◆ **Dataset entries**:
*** Begin section ***

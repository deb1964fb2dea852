-- ===== src/Guest/Proxies.antt =====
-- The registry of proxies (guest-agent/src/transport/tcp_vsock_proxy.rs).
pub mod Synced
use firecracker_lab.Prelude.{
  Text, codes, ℕ, Bool, true, false, not, List, [], ◌∷◌, ◌++◌, ◌==◌, nat_eq, if◌then◌else◌, ◌||◌,
}
use firecracker_lab.Prelude.Decimal.{digits}
use firecracker_lab.Guest.Machine.{
  Mapping, bind, set_nonblocking, drop_listener, join_listener, spawn_listener, Kernel, Machine,
  Reply, done, bail, Action, gets, ensure, does, sys, failing, ◌>>=◌, ◌>>◌,
}

abbrev pub mapping : ℕ → ℕ → ℕ → Mapping
mapping port c v = record { tcp_port = port; cid = c; vsock_port = v }

unfoldable pub contains_key : ℕ → List Mapping → Bool
contains_key port [] = false
contains_key port (p ∷ ps) = p.tcp_port == port || contains_key port ps

unfoldable pub remove_key : ℕ → List Mapping → List Mapping
remove_key port [] = []
remove_key port (p ∷ ps) =
    let rest = remove_key port ps in if p.tcp_port == port then rest else p ∷ rest

set_proxies : List Mapping → Action (Unit {0})
set_proxies ps m = (done tt, record m { proxies = ps })

-- A listener that start gives up is closed.
unfoldable pub closing : ℕ → Reply (Unit {0}) × Machine → Reply (Unit {0}) × Machine
closing port (done _, m) = (done tt, m)
closing port (bail e, m) = (bail e, (does (drop_listener port) m).1)

module _ (kernel : Kernel) where
  -- ProxyRegistry::start
  unfoldable pub start : ℕ → ℕ → ℕ → Action (Unit {0})
  unfolding closing set_proxies
  start tcp_port cid vsock_port = do
    proxies ← gets (λ m. m.proxies)
    ensure (not (contains_key tcp_port proxies))
        (codes "proxy already running on tcp port " ++ digits tcp_port)
    sys kernel (failing kernel (codes "failed to bind tcp port " ++ digits tcp_port ++ codes ": "))
        (bind tcp_port)
    λ m. closing tcp_port (sys kernel (failing kernel []) (set_nonblocking tcp_port) m)
    does (spawn_listener (mapping tcp_port cid vsock_port))
    set_proxies (mapping tcp_port cid vsock_port ∷ proxies)

  -- ProxyRegistry::stop
  unfoldable pub stop : ℕ → Action (Unit {0})
  unfolding set_proxies
  stop tcp_port = do
    proxies ← gets (λ m. m.proxies)
    ensure (contains_key tcp_port proxies)
        (codes "no proxy running on tcp port " ++ digits tcp_port)
    set_proxies (remove_key tcp_port proxies)
    does (join_listener tcp_port)
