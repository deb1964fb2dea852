-- ===== src/Guest/Dispatch.antt =====
-- What the agent answers to a request (guest-agent/src/transport/dispatch.rs).
pub mod Kept
pub mod Served
use firecracker_lab.Prelude.{
  codes, ℕ, ◌%◌, ◌^◌, Option, none, some, ◌++◌, ◌==◌, nat_eq, ltb, if◌then◌else◌,
}
use firecracker_lab.Prelude.Decimal.{digits}
use firecracker_lab.Agent.{
  Request, status, vm_restore, start_tcp_vsock_proxy, stop_tcp_vsock_proxy, healthy, degraded,
  StatusResponse, Response, status_response, ack, error_response,
}
use firecracker_lab.Guest.Machine.{
  Stats, Kernel, Machine, Reply, done, bail, Action, pure, raise, gets, ensure, ◌>>=◌, ◌>>◌,
}
use firecracker_lab.Guest.Mounts.{default_config, mount_system_paths, restore_time}
use firecracker_lab.Guest.Proxies.{start, stop}

-- `Status::Running as u8`
abbrev pub running : ℕ
running = 1

-- `u16::try_from`
unfoldable pub parse_port : ℕ → Action ℕ
parse_port port = do
  ensure (ltb port (2 ^ 16)) (codes "invalid tcp_port " ++ digits port ++ codes ": must be 1-65535")
  pure port

unfoldable pub handle_status : Stats → StatusResponse
handle_status s = record {
  health = if s.status == running then healthy else degraded;
  cpu_pct = s.cpu_pct % 2 ^ 32;
  mem_available_bytes = s.mem_available_bytes;
  last_beat = s.last_beat;
}

unfoldable pub acked : Reply (Unit {0}) × Machine → Reply Response × Machine
acked (done _, m) = (done ack, m)
acked (bail reason, m) = (done (error_response reason), m)

unfoldable pub ack_or_error : Action (Unit {0}) → Action Response
ack_or_error s m = acked (s m)

module _ (kernel : Kernel) where
  unfoldable pub handle_vm_restore : ℕ → Action (Unit {0})
  handle_vm_restore restored_at = do
    mount_system_paths kernel default_config
    restore_time kernel restored_at

  unfoldable pub handle_start_proxy : ℕ → ℕ → ℕ → Action (Unit {0})
  handle_start_proxy tcp_port cid vsock_port = do
    port ← parse_port tcp_port
    start kernel port cid vsock_port

  unfoldable pub handle_stop_proxy : ℕ → Action (Unit {0})
  handle_stop_proxy tcp_port = do port ← parse_port tcp_port; stop kernel port

  -- `none` is a request whose oneof is not set.
  unfoldable pub dispatch : Option Request → Action Response
  dispatch none = raise (codes "request with no request_type set")
  dispatch (some status) = gets (λ m. status_response (handle_status m.stats))
  dispatch (some (vm_restore restored_at)) = do handle_vm_restore restored_at; pure ack
  dispatch (some (start_tcp_vsock_proxy tcp_port cid vsock_port)) =
      ack_or_error (handle_start_proxy tcp_port cid vsock_port)
  dispatch (some (stop_tcp_vsock_proxy tcp_port)) = ack_or_error (handle_stop_proxy tcp_port)
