-- ===== src/Guest/Server.antt =====
-- A connection to the agent (guest-agent/src/transport/vsock.rs). The protobuf encoding (prost) is
-- a parameter.
use firecracker_lab.Prelude.{Text, codes, ℕ, ◌%◌, ◌^◌, Option, none, some, ◌++◌}
use firecracker_lab.Prelude.Lists.{length}
use firecracker_lab.Agent.{Request, Response, put_uint32, uint32_of, read_full}
use firecracker_lab.Guest.Machine.{Kernel, Action, pure, raise, ◌>>=◌}
use firecracker_lab.Guest.Dispatch.{dispatch}

-- `Request::decode` and `Response::encode_to_vec`.
pub record GuestCodec : Type 0 where
  pub decode : Text → Option (Option Request)
  pub encode : Response → Text

unfoldable pub read : Option (Text × Text) → Action (Text × Text)
read none = raise (codes "failed to fill whole buffer")
read (some parts) = pure parts

-- `read_exact` of n bytes from what arrives before the other side closes.
unfoldable pub read_exact : ℕ → Text → Action (Text × Text)
unfolding read
read_exact n s = read (read_full n s)

unfoldable pub decoded : Option (Option Request) → Action (Option Request)
decoded none = raise (codes "failed to decode Protobuf message")
decoded (some req) = pure req

module _ (codec : GuestCodec) where
  -- The request, from the number of its bytes and what arrives behind them.
  unfoldable pub extract_payload : ℕ → Text → Action (Option Request)
  unfolding decoded
  extract_payload size s = do (body, rest) ← read_exact size s; decoded (codec.decode body)

  -- What `send_response` writes.
  unfoldable pub response_frame : Response → Text
  response_frame r = put_uint32 (length (codec.encode r) % 2 ^ 32) ++ codec.encode r

  -- From the bytes that arrive to those that it writes; after an error it writes none.
  unfoldable pub handle_connection : Kernel → Text → Action Text
  handle_connection kernel s = do
    (prefix, rest) ← read_exact 4 s
    req ← extract_payload (uint32_of prefix) rest
    response ← dispatch kernel req
    pure (response_frame response)
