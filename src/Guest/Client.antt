-- ===== src/Guest/Client.antt =====
-- A request of labctl (vm/status.go) and the agent that serves it (guest-agent/src), joined.
use mathlib.Core.List.{append-nil}
use firecracker_lab.Prelude.{
  Text, codes, ◌<◌, ◌%◌, ◌^◌, some, [], ◌∷◌, ◌++◌, ◌≡◌, refl, sym, ap, ◌∙◌, arith,
}
use firecracker_lab.Prelude.Lists.{length}
use firecracker_lab.World.{
  write, receive, wrap_outcome, continue, Host, wrap, Result, ok, err, World, call, ask,
}
use firecracker_lab.World.Total.{IsUp}
use firecracker_lab.Agent.{
  Request, Response, Codec, put_uint32, read_full, read_frame, or_guest_error, send_request,
  decoded, eof,
}
use firecracker_lab.Agent.Frames.{
  uint32_of-put_uint32, read_prefix, read_full-append, read_frame-put_uint32,
}
use firecracker_lab.Guest.Machine.{Kernel, Machine, Reply, done, bail, next, pure}
use firecracker_lab.Guest.Dispatch.{dispatch}
use firecracker_lab.Guest.Server.{
  GuestCodec, read_exact, extract_payload, response_frame, handle_connection,
}

-- The frame of a message.
abbrev pub frame : Text → Text
frame body = put_uint32 (length body % 2 ^ 32) ++ body

-- What a connection has carried back when the agent closes it.
abbrev pub written : Reply Text × Machine → Text
written (done bytes, m) = bytes
written (bail e, m) = []

-- What labctl makes of the agent's answer, or of its absence.
abbrev pub seen : Reply Response × Machine → Result Response
seen (done r, m) = or_guest_error r
seen (bail e, m) = err (wrap (codes "read response") eof)

-- The two encodings agree on the request, and on an answer to it if there is one; each message is
-- shorter than 2^32 bytes.
pub record IsAgreed (codec : Codec) (guest : GuestCodec) (req : Request) (body : Text)
    (o : Reply Response × Machine) : Type 0 where
  pub marshalled : codec.marshal req ≡ some body
  pub received : guest.decode body ≡ some (some req)
  pub short : length body < 2 ^ 32
  pub answered :
      (r : Response) (m : Machine)
      → o ≡ (done r, m)
      → (codec.unmarshal (guest.encode r) ≡ some r) × (length (guest.encode r) < 2 ^ 32)

module _ (guest : GuestCodec) (kernel : Kernel) (req : Request) (body : Text) where
  -- The agent dispatches the request of a frame.
  handle_connection-frame :
      (m : Machine)
      → guest.decode body ≡ some (some req)
      → length body < 2 ^ 32
      → handle_connection guest kernel (frame body) m
        ≡ next (λ r. pure (response_frame guest r)) (dispatch kernel (some req) m)
  unfolding handle_connection read_exact extract_payload
  handle_connection-frame m decodes short =
      rw
        (
          read_prefix (length body % 2 ^ 32) body,
          uint32_of-put_uint32 (length body % 2 ^ 32) (omega arith),
          size,
          whole,
          decodes,
        )
        refl
    where
      size : length body % 2 ^ 32 ≡ length body
      size = omega arith

      whole : read_full (length body) body ≡ some (body, [])
      whole = ap (read_full (length body)) (sym (append-nil body)) ∙ read_full-append body []

-- What sendRequest makes of the bytes that have arrived.
abbrev received_from : Codec → Text → World → Result Response × World
received_from codec bytes w =
    continue (λ resp v. (or_guest_error resp, v))
      (wrap_outcome (codes "read response")
        (continue (λ body v. (decoded (codec.unmarshal body), v)) (read_frame bytes, w)))

read_frame-frame : (body : Text) → length body < 2 ^ 32 → read_frame (frame body) ≡ ok body
read_frame-frame body short =
    ap (λ s. read_frame (put_uint32 (length body % 2 ^ 32) ++ s)) (sym (append-nil body))
    ∙ read_frame-put_uint32 body [] short

module _ (codec : Codec) (guest : GuestCodec) (req : Request) (body : Text) where
  received_from-written :
      (o : Reply Response × Machine) (w : World)
      → IsAgreed codec guest req body o
      → (received_from codec (written (next (λ r. pure (response_frame guest r)) o)) w).0 ≡ seen o
  unfolding response_frame decoded read_frame read_full
  received_from-written (done r, m) w agreed =
      rw
        (
          read_frame-frame (guest.encode r) ((agreed.answered r m refl).1),
          (agreed.answered r m refl).0,
        )
        refl
  received_from-written (bail e, m) w agreed = refl

  module _ (host : Host) (kernel : Kernel) where
    -- On a host where no call fails, with an agent at the other end of the connection that answers
    -- the frame that labctl has written: a request returns the answer that the agent's dispatch
    -- gives to that very request, as an error if it is one, and fails if dispatch fails.
    pub send_request-dispatch :
        (sock : Text) (m : Machine) (w : World)
        → IsAgreed codec guest req body (dispatch kernel (some req) m)
        → IsUp host
        → host.output
            (write sock body ∷ write sock (put_uint32 (length body % 2 ^ 32)) ∷ w.log)
            (receive sock)
          ≡ written (handle_connection guest kernel (frame body) m)
        → (send_request host codec (record { sock = sock; buffered = [] }) req w).0
          ≡ seen (dispatch kernel (some req) m)
    unfolding send_request call ask
    send_request-dispatch sock m w agreed up joined =
        rw
          (
            agreed.marshalled,
            up,
            up,
            up,
            joined,
            handle_connection-frame guest kernel req body m agreed.received agreed.short,
          )
          (received_from-written (dispatch kernel (some req) m) _ agreed)
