-- ===== src/Guest/Proxies/Synced.antt =====
-- The registry and the listener threads (tcp_vsock_proxy.rs) keep in step.
use firecracker_lab.Prelude.{
  ℕ, ◌<◌, ◌^◌, false, true, List, [], ◌∷◌, ◌≡◌, ◌≢◌, ◌==◌, nat_eq, arith, Bool-cases, Option-cases,
  none, inl, inr, refl,
}
use firecracker_lab.Prelude.Lists.{All}
use firecracker_lab.Guest.Machine.{
  Mapping, Asked, bind, set_nonblocking, join_listener, spawn_listener, Kernel, Machine, Reply,
  done, bail, sys, failing,
}
use firecracker_lab.Guest.Proxies.{
  mapping, contains_key, remove_key, set_proxies, closing, start, stop,
}

-- The threads that were started and not joined since.
abbrev pub listening : Asked → List Mapping
listening [] = []
listening ((spawn_listener p, _) ∷ l) = p ∷ listening l
listening ((join_listener port, _) ∷ l) = remove_key port (listening l)
listening (_ ∷ l) = listening l

abbrev pub IsDistinct : List Mapping → Type 0
IsDistinct [] = Unit
IsDistinct (p ∷ ps) = All (λ q. q.tcp_port ≢ p.tcp_port) ps × IsDistinct ps

-- The entries of the registry are the threads that run, one to a port of 16 bits.
pub record IsSynced (m : Machine) : Type 0 where
  pub threads : m.proxies ≡ listening m.asked
  pub distinct : IsDistinct m.proxies
  pub small : All (λ p. p.tcp_port < 2 ^ 16) m.proxies

fresh :
    (port : ℕ) (ps : List Mapping) → contains_key port ps ≡ false → All (λ q. q.tcp_port ≢ port) ps
unfolding contains_key
fresh port [] h = tt
fresh port (p ∷ ps) h = (ground arith, fresh port ps (ground arith))

remove_key-All {ℓ} :
    (P : Mapping → Type ℓ) (port : ℕ) (ps : List Mapping) → All P ps → All P (remove_key port ps)
unfolding remove_key
remove_key-All P port [] h = tt
remove_key-All P port (p ∷ ps) (hp, h) = elim (Bool-cases (p.tcp_port == port)) [
  | inl same ↦ rw same (remove_key-All P port ps h)
  | inr else' ↦ rw else' ((hp, remove_key-All P port ps h))
]

remove_key-IsDistinct :
    (port : ℕ) (ps : List Mapping) → IsDistinct ps → IsDistinct (remove_key port ps)
unfolding remove_key
remove_key-IsDistinct port [] h = tt
remove_key-IsDistinct port (p ∷ ps) (hp, h) = elim (Bool-cases (p.tcp_port == port)) [
  | inl same ↦ rw same (remove_key-IsDistinct port ps h)
  | inr else' ↦ rw else' ((remove_key-All _ port ps hp, remove_key-IsDistinct port ps h))
]

-- How start ends.
abbrev pub Started : ℕ → ℕ → ℕ → Machine → Reply (Unit {0}) × Machine → Type 0
Started port c v m (done _, m') =
    (contains_key port m.proxies ≡ false)
    × (m'.proxies ≡ mapping port c v ∷ m.proxies)
    × (listening m'.asked ≡ mapping port c v ∷ listening m.asked)
    × (m'.stats ≡ m.stats)
Started port c v m (bail e, m') =
    (m'.proxies ≡ m.proxies) × (listening m'.asked ≡ listening m.asked) × (m'.stats ≡ m.stats)

abbrev pub Stopped : ℕ → Machine → Reply (Unit {0}) × Machine → Type 0
Stopped port m (done _, m') =
    (contains_key port m.proxies ≡ true)
    × (m'.proxies ≡ remove_key port m.proxies)
    × (listening m'.asked ≡ remove_key port (listening m.asked))
    × (m'.stats ≡ m.stats)
Stopped port m (bail e, m') = (contains_key port m.proxies ≡ false) × (m' ≡ m)

module _ (kernel : Kernel) where
  -- A start that succeeds was for a port without a proxy, and has added a proxy and its thread; one
  -- that fails, at whatever call, has changed neither the proxies nor the threads.
  pub start-Started : (port c v : ℕ) (m : Machine) → Started port c v m (start kernel port c v m)
  unfolding start sys failing closing set_proxies
  start-Started port c v m = elim (Bool-cases (contains_key port m.proxies)) [
    | inl taken ↦ rw taken (refl, refl, refl)
    | inr free ↦ elim (Option-cases (kernel.answer m.asked (bind port))) [
      | inl bound ↦
          elim (Option-cases (kernel.answer ((bind port, none) ∷ m.asked) (set_nonblocking port))) [
            | inl set ↦ rw (free, bound, set) (free, refl, refl, refl)
            | inr (e, failed) ↦ rw (free, bound, failed) (refl, refl, refl)
          ]
      | inr (e, failed) ↦ rw (free, failed) (refl, refl, refl)
    ]
  ]

  -- A stop fails exactly for a port without a proxy, and then changes nothing; otherwise it has
  -- removed the proxy and joined its thread.
  pub stop-Stopped : (port : ℕ) (m : Machine) → Stopped port m (stop kernel port m)
  unfolding stop set_proxies
  stop-Stopped port m = elim (Bool-cases (contains_key port m.proxies)) [
    | inl there ↦ rw there (there, refl, refl, refl)
    | inr gone ↦ rw gone (gone, refl)
  ]

pub start_outcome-IsSynced :
    (port c v : ℕ) (m : Machine) (o : Reply (Unit {0}) × Machine)
    → port < 2 ^ 16
    → Started port c v m o
    → IsSynced m
    → IsSynced o.1
start_outcome-IsSynced port c v m (done _, m') small (free, added, spawned, _) s = record {
  threads = rw (added, spawned, s.threads);
  distinct = rw added (fresh port m.proxies free, s.distinct);
  small = rw added (small, s.small);
}
start_outcome-IsSynced port c v m (bail e, m') small (kept, same, _) s = record {
  threads = rw (kept, same, s.threads);
  distinct = rw kept s.distinct;
  small = rw kept s.small;
}

pub stop_outcome-IsSynced :
    (port : ℕ) (m : Machine) (o : Reply (Unit {0}) × Machine)
    → Stopped port m o
    → IsSynced m
    → IsSynced o.1
stop_outcome-IsSynced port m (done _, m') (_, removed, joined, _) s = record {
  threads = rw (removed, joined, s.threads);
  distinct = rw removed (remove_key-IsDistinct port m.proxies s.distinct);
  small = rw removed (remove_key-All _ port m.proxies s.small);
}
stop_outcome-IsSynced port m (bail e, m') (_, same) s = rw same s
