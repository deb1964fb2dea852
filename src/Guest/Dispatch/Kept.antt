-- ===== src/Guest/Dispatch/Kept.antt =====
-- What leaves the proxies, their threads and the samples alone (dispatch.rs, handle_vm_restore).
use firecracker_lab.Prelude.{ℕ, Bool, true, false, List, [], ◌∷◌, ◌≡◌, refl, ◌∙◌}
use firecracker_lab.Guest.Machine.{Machine, Kernel, Reply, done, bail, Action, pure, next, sys}
use firecracker_lab.Guest.Mounts.{
  MountSpec, mount_fs, make_dir, make_target, mount_spec, mount_system_paths, default_config,
  restore_time,
}
use firecracker_lab.Guest.Proxies.Synced.{listening}
use firecracker_lab.Guest.Dispatch.{handle_vm_restore}

unfoldable pub Kept : Machine → Machine → Type 0
Kept m m' =
    (m'.proxies ≡ m.proxies) × (listening m'.asked ≡ listening m.asked) × (m'.stats ≡ m.stats)

unfoldable pub Keeps : {A : Type 0} → Action A → Type 0
Keeps s = (m : Machine) → Kept m (s m).1

Kept-trans : (l m n : Machine) → Kept l m → Kept m n → Kept l n
unfolding Kept
Kept-trans l m n (p, q, i) (r, s, j) = (r ∙ p, s ∙ q, j ∙ i)

next-Kept :
    {A B : Type 0} (f : A → Action B) (m : Machine) (o : Reply A × Machine)
    → Kept m o.1
    → ((a : A) → Keeps (f a))
    → Kept m (next f o).1
unfolding Keeps
next-Kept f m (done a, n) h k = Kept-trans m n _ h (k a n)
next-Kept f m (bail e, n) h k = h

bind-Keeps :
    {A B : Type 0} (s : Action A) (f : A → Action B)
    → Keeps s
    → ((a : A) → Keeps (f a))
    → Keeps (λ m. next f (s m))
unfolding Keeps
bind-Keeps s f h k m = next-Kept f m (s m) (h m) k

module _ (kernel : Kernel) where
  make_dir-Keeps : (path : List ℕ) → Keeps (make_dir kernel path)
  unfolding make_dir sys Keeps Kept
  make_dir-Keeps path m = (refl, refl, refl)

  mount_fs-Keeps : (s t f : List ℕ) → Keeps (mount_fs kernel s t f)
  unfolding mount_fs sys Keeps Kept
  mount_fs-Keeps s t f m = (refl, refl, refl)

  restore_time-Keeps : (t : ℕ) → Keeps (restore_time kernel t)
  unfolding restore_time sys Keeps Kept
  restore_time-Keeps t m = (refl, refl, refl)

  pure-Keeps : Keeps (pure tt)
  unfolding Keeps Kept
  pure-Keeps m = (refl, refl, refl)

  created-Keeps : (b : Bool) (path : List ℕ) → Keeps (make_target kernel b path)
  unfolding make_target
  created-Keeps true path = make_dir-Keeps path
  created-Keeps false path = pure-Keeps

  mount_spec-Keeps : (spec : MountSpec) → Keeps (mount_spec kernel spec)
  unfolding mount_spec
  mount_spec-Keeps spec =
      bind-Keeps _ _ (created-Keeps spec.create_target_dir spec.target)
        λ _. mount_fs-Keeps spec.source spec.target spec.fstype

  pub mount_system_paths-Keeps : (specs : List MountSpec) → Keeps (mount_system_paths kernel specs)
  unfolding mount_system_paths
  mount_system_paths-Keeps [] = pure-Keeps
  mount_system_paths-Keeps (spec ∷ specs) =
      bind-Keeps _ _ (mount_spec-Keeps spec) λ _. mount_system_paths-Keeps specs

  pub handle_vm_restore-Keeps : (t : ℕ) → Keeps (handle_vm_restore kernel t)
  unfolding handle_vm_restore
  handle_vm_restore-Keeps t =
      bind-Keeps _ _ (mount_system_paths-Keeps default_config) λ _. restore_time-Keeps t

*** End section ***

◆ **Action item**: Taking the entries above, print exactly the lines starting at the line with "(next f o).1" and ending at the line with "mount_fs-Keeps s t f m = (refl, refl, refl)", both included.

◆ **Output**:
    → Kept m (next f o).1
unfolding Keeps
next-Kept f m (done a, n) h k = Kept-trans m n _ h (k a n)
next-Kept f m (bail e, n) h k = h

bind-Keeps :
    {A B : Type 0} (s : Action A) (f : A → Action B)
    → Keeps s
    → ((a : A) → Keeps (f a))
    → Keeps (λ m. next f (s m))
unfolding Keeps
bind-Keeps s f h k m = next-Kept f m (s m) (h m) k

module _ (kernel : Kernel) where
  make_dir-Keeps : (path : List ℕ) → Keeps (make_dir kernel path)
  unfolding make_dir sys Keeps Kept
  make_dir-Keeps path m = (refl, refl, refl)

  mount_fs-Keeps : (s t f : List ℕ) → Keeps (mount_fs kernel s t f)
  unfolding mount_fs sys Keeps Kept
  mount_fs-Keeps s t f m = (refl, refl, refl)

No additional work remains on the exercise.